Youssef Amireh should still be alive, his father insists.
The 17-year-old was shot in the head by Israeli border police who fired rubber-coated metal bullets during a protest last week and died of his wounds at a hospital in Ramallah on Monday.
He is the second Palestinian fatality within a week in violence that both sides warn will escalate as protests continue against the building of the separation barrier on land confiscated from this village of about 5,000.
Israeli border police spokesman Moshe Pinchy says forces are facing an increase in stone-throwing, and that Palestinians have been warned to stay away from protests.
Each side accuses the other of fuelling the violence, although Palestinian casualties outnumber those of the Israeli forces. The Palestinians, who do not use firearms but do throw stones, are convinced that they are on the receiving end of an Israeli crackdown to break their resistance with overwhelming force - after three days of curfew last month failed to stop it.

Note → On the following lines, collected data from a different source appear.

-- ===== src/Contract/Ibchandler/Structs.antt =====
-- pkg/contract/ibchandler/ibchandler.go: the structs of the contract, with go-ethereum's conversion of each one it passes.
use yui_ibc_solidity.Prelude.{ℕ, Bytes, List}
use yui_ibc_solidity.Contract.Bound.{Boxed}

pub record ChannelCounterpartyData : Type 0 where
  pub port_id : Bytes
  pub channel_id : Bytes

pub record ChannelData : Type 0 where
  pub state : ℕ
  pub ordering : ℕ
  pub counterparty : ChannelCounterpartyData
  pub connection_hops : List Bytes
  pub version : Bytes

pub record HeightData : Type 0 where
  pub revision_number : ℕ
  pub revision_height : ℕ

pub record MsgChannelOpenAck : Type 0 where
  pub port_id : Bytes
  pub channel_id : Bytes
  pub counterparty_version : Bytes
  pub counterparty_channel_id : Bytes
  pub proof_try : Bytes
  pub proof_height : ℕ

pub record MsgChannelOpenConfirm : Type 0 where
  pub port_id : Bytes
  pub channel_id : Bytes
  pub proof_ack : Bytes
  pub proof_height : ℕ

pub record MsgChannelOpenInit : Type 0 where
  pub port_id : Bytes
  pub channel : ChannelData

pub record MsgChannelOpenTry : Type 0 where
  pub port_id : Bytes
  pub previous_channel_id : Bytes
  pub channel : ChannelData
  pub counterparty_version : Bytes
  pub proof_init : Bytes
  pub proof_height : ℕ

pub record MsgConnectionOpenConfirm : Type 0 where
  pub connection_id : Bytes
  pub proof_ack : Bytes
  pub proof_height : ℕ

pub record MsgCreateClient : Type 0 where
  pub client_type : Bytes
  pub height : ℕ
  pub client_state_bytes : Bytes
  pub consensus_state_bytes : Bytes

pub record MsgUpdateClient : Type 0 where
  pub client_id : Bytes
  pub header : Bytes

pub record MerklePrefixData : Type 0 where
  pub key_prefix : Bytes

pub record CounterpartyData : Type 0 where
  pub client_id : Bytes
  pub connection_id : Bytes
  pub prefix : MerklePrefixData

pub record MsgConnectionOpenInit : Type 0 where
  pub client_id : Bytes
  pub counterparty : CounterpartyData
  pub delay_period : ℕ

pub record PacketData : Type 0 where
  pub sequence : ℕ
  pub source_port : Bytes
  pub source_channel : Bytes
  pub destination_port : Bytes
  pub destination_channel : Bytes
  pub payload : Bytes
  pub timeout_height : HeightData
  pub timeout_timestamp : ℕ

pub record MsgPacketAcknowledgement : Type 0 where
  pub packet : PacketData
  pub acknowledgement : Bytes
  pub proof : Bytes
  pub proof_height : ℕ

pub record MsgPacketRecv : Type 0 where
  pub packet : PacketData
  pub proof : Bytes
  pub proof_height : ℕ

pub record VersionData : Type 0 where
  pub identifier : Bytes
  pub features : List Bytes

pub record MsgConnectionOpenAck : Type 0 where
  pub connection_id : Bytes
  pub client_state_bytes : Bytes
  pub version : VersionData
  pub counterparty_connection_id : Bytes
  pub proof_try : Bytes
  pub proof_client : Bytes
  pub proof_consensus : Bytes
  pub proof_height : ℕ
  pub consensus_height : ℕ

pub record MsgConnectionOpenTry : Type 0 where
  pub previous_connection_id : Bytes
  pub counterparty : CounterpartyData
  pub delay_period : ℕ
  pub client_id : Bytes
  pub client_state_bytes : Bytes
  pub counterparty_versions : List VersionData
  pub proof_init : Bytes
  pub proof_client : Bytes
  pub proof_consensus : Bytes
  pub proof_height : ℕ
  pub consensus_height : ℕ

pub record Structs (Value : Type 0) : Type 0 where
  pub msg_packet_acknowledgement : Boxed Value MsgPacketAcknowledgement
  pub msg_channel_open_ack : Boxed Value MsgChannelOpenAck
  pub msg_channel_open_confirm : Boxed Value MsgChannelOpenConfirm
  pub msg_channel_open_init : Boxed Value MsgChannelOpenInit
  pub msg_channel_open_try : Boxed Value MsgChannelOpenTry
  pub msg_connection_open_ack : Boxed Value MsgConnectionOpenAck
  pub msg_connection_open_confirm : Boxed Value MsgConnectionOpenConfirm
  pub msg_connection_open_init : Boxed Value MsgConnectionOpenInit
  pub msg_connection_open_try : Boxed Value MsgConnectionOpenTry
  pub msg_create_client : Boxed Value MsgCreateClient
  pub msg_packet_recv : Boxed Value MsgPacketRecv
  pub packet_data : Boxed Value PacketData
  pub msg_update_client : Boxed Value MsgUpdateClient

Mr Pinchy, for his part, says it is forbidden for forces to shoot stone-throwers in the head and that the policemen suspected in the killing of a ten-year-old boy, Ahmed Musa, in Ni'ilin last week, is currently under investigation.

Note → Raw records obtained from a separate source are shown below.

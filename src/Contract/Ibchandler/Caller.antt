-- ===== src/Contract/Ibchandler/Caller.antt =====
-- pkg/contract/ibchandler/ibchandler.go: the read methods.
use yui_ibc_solidity.Prelude.{ℕ, [], codes}
use yui_ibc_solidity.Prelude.Try.{Try, ok, ◌>>=◌}
use yui_ibc_solidity.Contract.Bound.{Basic, BoundContract, CallError, called, output}
use yui_ibc_solidity.Contract.Ibchandler.Structs.{Structs}

module _ {E Value CallOpts TransactOpts Tx : Type 0} (basic : Basic Value) (structs : Structs Value)
    (contract : BoundContract E Value CallOpts TransactOpts Tx) where
  unfoldable pub get_host_address : CallOpts → Try (CallError E) ℕ
  unfolding output
  get_host_address opts = do
    out ← called (contract.call opts (codes "getHostAddress") [])
    out0 ← output out 0 basic.address
    ok out0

He says there are clear guidelines on the amount of force that can be used and that it increases in proportion to the violence used by Palestinians.
"The Palestinians are bringing their women and children to the demonstrations to use as human shields," he says. "Whoever is there is at their own responsibility."
"He was a boy, how could they shoot him in the head?" Ahmed Amireh asks the circle of mourners gathered at his house. A relative offers the visitors dates, the traditional Palestinian mourning food, and then plastic cups of watery black coffee.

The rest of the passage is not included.